Ayurvedic cake from Lies Ameeuw can be prepared in 30 minutes. You make this dish with Coconut oil & Coconut blossom sugar from Amanprana. This recipe from the Indonesian kitchen is delicious as Desserts, Brunch & Cake and biscuit. It also fits perfectly in a Vegetarian, Vegan & Ayurveda diet.
Ingredients for ayurvedic cake
250 g coconut oil
200 g spelt flour
2 tsp baking powder
200 g unsweetened soy yoghurt
1 tsp mixed spice
Flaked hazelnuts (if you like)
150 g coconut blossom sugar
1 cup dried and stoned dates, raisins and apricots, cranberries, wild figs
Preparation of ayurvedic cake
Soak the dried fruits overnight and then drain. Cut the fruits finely or grind them. Keep a little aside for garnish.
Heat the oven to 180°C.
Mix the coconut blossom sugar, the baking powder, the flour, the finely chopped fruits and the mixed spice together.
Melt the coconut oil and add to the mixture. Mix until smooth.
Stir in the soy yoghurt. It is important for the structure of the cake that the yoghurt is added at the last moment.

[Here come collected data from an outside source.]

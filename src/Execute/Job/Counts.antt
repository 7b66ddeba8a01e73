-- ===== src/Execute/Job/Counts.antt =====
-- execute.py: what every exit of a job does once, `_run_job_blocking`: the terminal `done`, the start of
-- the index, and the close of the Redis client.
use aw_app_agents_platform_r.Prelude.{
  ◌≡◌, refl, ap, subst, ◌∙◌, Bool, true, false, Option, none, some, if◌then◌else◌, pos, Bool-cases,
  inl, inr,
}
use aw_app_agents_platform_r.Prelude.Texts.{codes, text_eq}
use aw_app_agents_platform_r.Execute.Outside.{Outside}
use aw_app_agents_platform_r.Execute.Registry.{Process, remember_container, is_aborted}
use aw_app_agents_platform_r.Execute.Cooldown.{at_world}
use aw_app_agents_platform_r.Execute.Frame.Waits.{
  view-is_aborted, view-cooldown_wait, view-remember_container,
}
use aw_app_agents_platform_r.Execute.Job.{
  Job, Host, Warm, warm_named, warm_full, warm_failed, Route, cli_of, mint_warm_session_id,
  materialise, may_go_warm, on_acquired, dispatch_warm_turn, aborted_exit, run_raw, run_agent,
  on_spawned, first_cooldown, run_cold, fallback, on_warm, try_warm, run_job_blocking,
}
use aw_app_agents_platform_r.Execute.Job.Tally.{
  Tally, tallied, tallied_host, closed, frame, report_end-tally, Tallied,
}
use aw_app_agents_platform_r.Execute.Job.Exits.{
  spawn_error_exit-Tallied, aborted_exit-Tallied, run_raw-Tallied, run_agent-Tallied,
}

module _ (O : Outside) (H : Host O) where
  abbrev T : Outside
  T = tallied O

  abbrev HT : Host T
  HT = tallied_host O H

  -- A step before that changes no tally.
  Tallied-from :
      (t : Tally) (u : Tally) (e : Process T.World × Route)
      → u ≡ t
      → Tallied O H u e
      → Tallied O H t e
  Tallied-from t u e same h = subst (λ x. Tallied O H x e) same h

  on_spawned-Tallied :
      (job : Job) (h : Option O.Handle) (p : Process T.World)
      → Tallied O H p.world.1 (on_spawned T HT job h p)
  unfolding on_spawned
  on_spawned-Tallied job none p = spawn_error_exit-Tallied O H job.run_id p
  on_spawned-Tallied job (some h) p =
      let q = remember_container T true job.run_id (H.container_name h) p in
      let e = view-remember_container T (frame O H) job.run_id (H.container_name h) p in
      elim (Bool-cases job.raw_command) [
        | inl raw ↦ rw raw (
            Tallied-from p.world.1 q.world.1 (run_raw T HT job h q) e (run_raw-Tallied O H job h q))
        | inr agent ↦ rw agent (
            Tallied-from p.world.1 q.world.1 (run_agent T HT job h q) e
              (run_agent-Tallied O H job h q))
      ]

  first_cooldown-tally :
      (job : Job) (p : Process T.World) → (first_cooldown T HT job p).0.world.1 ≡ p.world.1
  unfolding first_cooldown
  first_cooldown-tally job p = elim (Bool-cases (text_eq (cli_of job) (codes "codex"))) [
    | inl codex ↦ rw codex (view-cooldown_wait T (frame O H) job.run_id p)
    | inr other ↦ rw other refl
  ]

  run_cold-Tallied : (job : Job) (p : Process T.World) → Tallied O H p.world.1 (run_cold T HT job p)
  unfolding run_cold
  run_cold-Tallied job p =
      let t = p.world.1 in
      let ready = HT.prepare_cold job p.world in
      let p1 = at_world T p ready.0 in
      let a = is_aborted T true job.run_id p1 in
      let e = view-is_aborted T (frame O H) job.run_id p1 in
      let c = first_cooldown T HT job a.0 in
      let f = first_cooldown-tally job a.0 ∙ e in
      let s = T.run_container c.0.world in
      let q = at_world T c.0 s.0 in
      elim (Bool-cases ready.1) [
        | inl built ↦ elim (Bool-cases a.1) [
          | inl stopped ↦
              rw (built, stopped)
                (Tallied-from t a.0.world.1 (aborted_exit T HT job.run_id a.0) e
                  (aborted_exit-Tallied O H job.run_id a.0))
          | inr running ↦ elim (Bool-cases c.1) [
            | inl go ↦
                rw (built, running, go)
                  (Tallied-from t q.world.1 (on_spawned T HT job s.1 q) f
                    (on_spawned-Tallied job s.1 q))
            | inr stopped ↦
                rw (built, running, stopped)
                  (Tallied-from t c.0.world.1 (aborted_exit T HT job.run_id c.0) f
                    (aborted_exit-Tallied O H job.run_id c.0))
          ]
        ]
        | inr failed ↦ rw failed (spawn_error_exit-Tallied O H job.run_id p1)
      ]

  on_acquired-tally :
      (job : Job) (a : Warm) (p : Process T.World)
      → (on_acquired T HT job a p).0.world.1 ≡ p.world.1
  unfolding on_acquired
  on_acquired-tally job warm_full p = refl
  on_acquired-tally job warm_failed p = refl
  on_acquired-tally job (warm_named name) p =
      let q = remember_container T true job.run_id name p in
      let e = view-remember_container T (frame O H) job.run_id name p in
      elim (Bool-cases (HT.feed_turn job name q.world).1) [
        | inl fed ↦ rw fed e
        | inr refused ↦ rw refused e
      ]

  dispatch_warm_turn-tally :
      (job : Job) (p : Process T.World) → (dispatch_warm_turn T HT job p).0.world.1 ≡ p.world.1
  unfolding dispatch_warm_turn
  dispatch_warm_turn-tally job p =
      let pulled = HT.pull_warm job p.world in
      let got = HT.acquire job pulled.0 in
      elim (Bool-cases pulled.1) [
        | inl there ↦ rw there (on_acquired-tally job got.1 (at_world T p got.0))
        | inr missing ↦ rw missing refl
      ]

  on_warm-Tallied :
      (job : Job) (r : Process T.World × Warm) → Tallied O H r.0.world.1 (on_warm T HT job r)
  unfolding on_warm
  on_warm-Tallied job (p, warm_full) = run_cold-Tallied (fallback T HT job) p
  on_warm-Tallied job (p, warm_named name) = refl
  on_warm-Tallied job (p, warm_failed) = ap closed (
      report_end-tally O H job.run_id (codes "spawn_error")
        (codes "runner failed to dispatch warm turn: ") (pos 1) p.world)

  try_warm-Tallied : (job : Job) (p : Process T.World) → Tallied O H p.world.1 (try_warm T HT job p)
  unfolding try_warm
  try_warm-Tallied job p =
      let engine = T.connect_engine p.world in
      let q = at_world T p engine.0 in
      elim (Bool-cases engine.1) [
        | inl there ↦ rw there (
            Tallied-from p.world.1 (dispatch_warm_turn T HT job q).0.world.1
              (on_warm T HT job (dispatch_warm_turn T HT job q)) (dispatch_warm_turn-tally job q)
              (on_warm-Tallied job (dispatch_warm_turn T HT job q)))
        | inr missing ↦ rw missing (on_warm-Tallied job (q, warm_failed))
      ]

  either-tally :
      (b : Bool) (x y : T.World × Job) (t : Tally)
      → x.0.1 ≡ t
      → y.0.1 ≡ t
      → (if b then x else y).0.1 ≡ t
  either-tally true x y t e f = e
  either-tally false x y t e f = f

  mint_warm_session_id-tally :
      (job : Job) (w : T.World) → (mint_warm_session_id T HT job w).0.1 ≡ w.1
  unfolding mint_warm_session_id
  mint_warm_session_id-tally job w = either-tally _ _ _ w.1 refl refl

  materialise-tally : (job : Job) (w : T.World) → (materialise T HT job w).0.1 ≡ w.1
  unfolding materialise
  materialise-tally job w = either-tally job.workspace_access _ _ w.1 refl refl

  prepared-tally :
      (job : Job) (w : T.World)
      → (mint_warm_session_id T HT (materialise T HT job w).1 (materialise T HT job w).0).0.1 ≡ w.1
  prepared-tally job w =
      mint_warm_session_id-tally (materialise T HT job w).1 (materialise T HT job w).0
      ∙ materialise-tally job w

  -- Whatever the calls answer, a job does on its way out, exactly once, what its way out says: every
  -- exit of the cold path and the failed warm dispatch publish `done` once and start the index once;
  -- a dispatched warm turn publishes no `done` and has the index started behind the relay's; only a
  -- job with no Redis client does neither. The Redis client is closed once on every exit but the one
  -- behind a failed spawn, which leaves it open.
  pub run_job_blocking-Tallied :
      (connected : Bool) (job : Job) (p : Process T.World)
      → Tallied O H p.world.1 (run_job_blocking T HT connected job p)
  unfolding run_job_blocking
  run_job_blocking-Tallied false job p = refl
  run_job_blocking-Tallied true job p =
      let m = materialise T HT job p.world in
      let minted = mint_warm_session_id T HT m.1 m.0 in
      let q = at_world T p minted.0 in
      let e = prepared-tally job p.world in
      elim (Bool-cases (may_go_warm T HT minted.1)) [
        | inl warm ↦ rw warm (
            Tallied-from p.world.1 q.world.1 (try_warm T HT minted.1 q) e
              (try_warm-Tallied minted.1 q))
        | inr cold ↦ rw cold (
            Tallied-from p.world.1 q.world.1 (run_cold T HT minted.1 q) e
              (run_cold-Tallied minted.1 q))
      ]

Place a sheet of parchment paper in a cake tin and fill with the cake mixture.
Bake the cake for 20 to 30 minutes in the oven.
Then spoon over the rest of the dried fruits. Garnish with hazelnut flakes.

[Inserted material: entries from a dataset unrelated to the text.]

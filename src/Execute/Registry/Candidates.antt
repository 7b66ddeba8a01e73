-- ===== src/Execute/Registry/Candidates.antt =====
-- execute.py: the candidates of `abort_candidates`.
use mathlib.Core.List.{append-nil, append_assoc}
use aw_app_agents_platform_r.Prelude.{
  ◌≡◌, refl, subst, sym, ap, ◌∙◌, Bool, true, false, Option, none, some, List, [], ◌∷◌, ◌++◌,
  if◌then◌else◌, any, Bool-cases, inl, inr,
}
use aw_app_agents_platform_r.Prelude.Texts.{Text, is_empty, text_eq, text_eq_refl, text_eq-other}
use aw_app_agents_platform_r.WarmPool.Names.{warm_container_name}
use aw_app_agents_platform_r.Execute.Registry.{
  Source, or_none, add_named, add, warm_half, add_warm, candidates_of, cold_container_name,
  monitor_container_name, local_registry, redis_registry, cold_name, monitor_name, warm_name,
}

-- A candidate has this name.
abbrev pub offers : Text → List (Text × Source) → Bool
offers n cs = any (λ e. text_eq n e.0) cs

-- No two candidates have the same name, and none has an empty one.
abbrev pub Tidy : List (Text × Source) → Type 0
Tidy [] = Unit
Tidy (c ∷ cs) = (is_empty c.0 ≡ false) × (offers c.0 cs ≡ false) × Tidy cs

offers-append :
    (n : Text) (s : Source) (m : Text) (cs : List (Text × Source))
    → offers m (cs ++ (n, s) ∷ []) ≡ (if offers m cs then true else text_eq m n)
offers-append n s m [] = elim (Bool-cases (text_eq m n)) [ inl e ↦ rw e refl | inr e ↦ rw e refl ]
offers-append n s m (c ∷ cs) = elim (Bool-cases (text_eq m c.0)) [
  | inl e ↦ rw e refl
  | inr e ↦ rw (e, offers-append n s m cs) refl
]

Tidy-append :
    (n : Text) (s : Source) (cs : List (Text × Source))
    → is_empty n ≡ false
    → offers n cs ≡ false
    → Tidy cs
    → Tidy (cs ++ (n, s) ∷ [])
Tidy-append n s [] full new h = (full, refl, tt)
Tidy-append n s (c ∷ cs) full new h = elim (Bool-cases (text_eq n c.0)) [
  | inl same ↦ absurd (cc (rw same at new))
  | inr other ↦ (
    h.0,
    offers-append n s c.0 cs ∙ rw (h.1, text_eq-other n c.0 other) refl,
    Tidy-append n s cs full (rw other at new) h.2,
  )
]

or_none-full : (o : Option Text) (n : Text) → or_none o ≡ some n → is_empty n ≡ false
unfolding or_none
or_none-full none n h = cc
or_none-full (some t) n h = elim (Bool-cases (is_empty t)) [
  | inl blank ↦ absurd (cc (rw blank at h))
  | inr full ↦ subst (λ u. is_empty u ≡ false) (cc (rw full at h)) full
]

add_named-Tidy :
    (o : Option Text) (s : Source) (cs : List (Text × Source))
    → ((n : Text) → o ≡ some n → is_empty n ≡ false)
    → Tidy cs
    → Tidy (add_named o s cs)
unfolding add_named
add_named-Tidy none s cs full h = h
add_named-Tidy (some n) s cs full h = elim (Bool-cases (offers n cs)) [
  | inl old ↦ rw old h
  | inr new ↦ rw new (Tidy-append n s cs (full n refl) new h)
]

add-Tidy : (o : Option Text) (s : Source) (cs : List (Text × Source)) → Tidy cs → Tidy (add o s cs)
unfolding add
add-Tidy o s cs h = add_named-Tidy (or_none o) s cs (or_none-full o) h

-- The candidates that are there stay in front.
abbrev pub Extends : List (Text × Source) → List (Text × Source) → Type 0
Extends cs out = (more : List (Text × Source)) × (out ≡ cs ++ more)

add_named-Extends :
    (o : Option Text) (s : Source) (cs : List (Text × Source)) → Extends cs (add_named o s cs)
unfolding add_named
add_named-Extends none s cs = ([], sym (append-nil cs))
add_named-Extends (some n) s cs = elim (Bool-cases (offers n cs)) [
  | inl old ↦ rw old ([], sym (append-nil cs))
  | inr new ↦ rw new ((n, s) ∷ [], refl)
]

add-Extends : (o : Option Text) (s : Source) (cs : List (Text × Source)) → Extends cs (add o s cs)
unfolding add
add-Extends o s cs = add_named-Extends (or_none o) s cs

Extends-trans : (a b c : List (Text × Source)) → Extends a b → Extends b c → Extends a c
Extends-trans a b c (m, f) (n, g) = (m ++ n, g ∙ (ap (λ x. x ++ n) f ∙ append_assoc a m n))

Extends-offers :
    (n : Text) (a b : List (Text × Source)) → Extends a b → offers n a ≡ true → offers n b ≡ true
Extends-offers n a b (m, f) h = subst (λ x. offers n x ≡ true) (sym f) (in_front n a m h)
  where
    in_front :
        (n : Text) (a m : List (Text × Source)) → offers n a ≡ true → offers n (a ++ m) ≡ true
    in_front n [] m h = absurd (cc h)
    in_front n (c ∷ a) m h = elim (Bool-cases (text_eq n c.0)) [
      | inl same ↦ rw same refl
      | inr other ↦ rw other (in_front n a m (rw other at h))
    ]

-- The name that a registry gave, if it gave one, is offered.
abbrev pub Offered : Option Text → List (Text × Source) → Type 0
Offered none cs = Unit
Offered (some n) cs = offers n cs ≡ true

Offered-Extends :
    (o : Option Text) (a b : List (Text × Source)) → Extends a b → Offered o a → Offered o b
Offered-Extends none a b e h = tt
Offered-Extends (some n) a b e h = Extends-offers n a b e h

add_named-Offered :
    (o : Option Text) (s : Source) (cs : List (Text × Source)) → Offered o (add_named o s cs)
unfolding add_named
add_named-Offered none s cs = tt
add_named-Offered (some n) s cs = elim (Bool-cases (offers n cs)) [
  | inl old ↦ rw old old
  | inr new ↦ rw new (offers-append n s n cs ∙ rw (new, text_eq_refl n) refl)
]

add-Offered :
    (o : Option Text) (s : Source) (cs : List (Text × Source)) → Offered (or_none o) (add o s cs)
unfolding add
add-Offered o s cs = add_named-Offered (or_none o) s cs

-- The first candidate is the name of the process's own registry, if it has one.
abbrev pub FirstIs : Option Text → List (Text × Source) → Type 0
FirstIs none cs = Unit
FirstIs (some n) cs = (rest : List (Text × Source)) × (cs ≡ (n, local_registry) ∷ rest)

FirstIs-Extends :
    (o : Option Text) (b : List (Text × Source))
    → Extends (add_named o local_registry []) b
    → FirstIs o b
unfolding add_named
FirstIs-Extends none b e = tt
FirstIs-Extends (some n) b (m, f) = (m, f)

or_none-warm_half : (a s : Option Text) → or_none (warm_half a s) ≡ warm_half a s
unfolding or_none warm_half warm_container_name
or_none-warm_half none s = refl
or_none-warm_half (some a) none = refl
or_none-warm_half (some a) (some s) = refl

-- The names that an abort tries: none is empty and none occurs twice; the name of the process's own
-- registry, if there is one, comes first, and the name from Redis, if there is one, the two names
-- that follow from the run's id, and the warm name, if the caller sent both halves, are all tried.
pub candidates_of-Tidy :
    (run_id : Text) (here there agent_id session_id : Option Text)
    → let cs = candidates_of run_id here there agent_id session_id in
      Tidy cs
      × FirstIs (or_none here) cs
      × Offered (or_none there) cs
      × (offers (cold_container_name run_id) cs ≡ true)
      × (offers (monitor_container_name run_id) cs ≡ true)
      × Offered (warm_half (or_none agent_id) (or_none session_id)) cs
unfolding candidates_of add_warm add cold_container_name monitor_container_name or_none warm_half
candidates_of-Tidy run_id here there agent_id session_id =
    let o1 = add here local_registry [] in
    let o2 = add there redis_registry o1 in
    let o3 = add (some (cold_container_name run_id)) cold_name o2 in
    let o4 = add (some (monitor_container_name run_id)) monitor_name o3 in
    let warm = warm_half (or_none agent_id) (or_none session_id) in
    let o5 = add warm warm_name o4 in
    let e2 = add-Extends there redis_registry o1 in
    let e3 = add-Extends (some (cold_container_name run_id)) cold_name o2 in
    let e4 = add-Extends (some (monitor_container_name run_id)) monitor_name o3 in
    let e5 = add-Extends warm warm_name o4 in
    let e35 = Extends-trans o3 o4 o5 e4 e5 in
    let e25 = Extends-trans o2 o3 o5 e3 e35 in
    (
      add-Tidy warm warm_name o4 (
          add-Tidy (some (monitor_container_name run_id)) monitor_name o3 (
            add-Tidy (some (cold_container_name run_id)) cold_name o2
              (add-Tidy there redis_registry o1 (add-Tidy here local_registry [] tt)))),
      FirstIs-Extends (or_none here) o5 (Extends-trans o1 o2 o5 e2 e25),
      Offered-Extends (or_none there) o2 o5 e25 (add-Offered there redis_registry o1),
      Extends-offers (cold_container_name run_id) o3 o5 e35
          (add-Offered (some (cold_container_name run_id)) cold_name o2),
      Extends-offers (monitor_container_name run_id) o4 o5 e5
          (add-Offered (some (monitor_container_name run_id)) monitor_name o3),
      subst (λ o. Offered o o5) (or_none-warm_half (or_none agent_id) (or_none session_id))
          (add-Offered warm warm_name o4),
    )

Recipe suitable for:1 pieces
Preparation time: 30 minutes
Total preparation: 30 minutes
Type: Desserts, Brunch & Cake and biscuit
Read more about the Amanprana products that were used in making ayurvedic cake
Lies Ameeuw is an Ayurvedic therapist with a deep knowledge of Ayurvedic and Indian herbs and spices. Her interest in the relationship between the body and spirit sparked her interest in our diet. In 1999 she founded an Ayurveda school. The upshot is that she now knows everything there is to know about Ayurvedic cuisine. Nutrition plays an important role in Ayurveda, and it is interwoven with the use of herbs. There are six tastes in Ayurveda - sweet, sour, salt, pungent, bitter and astringent.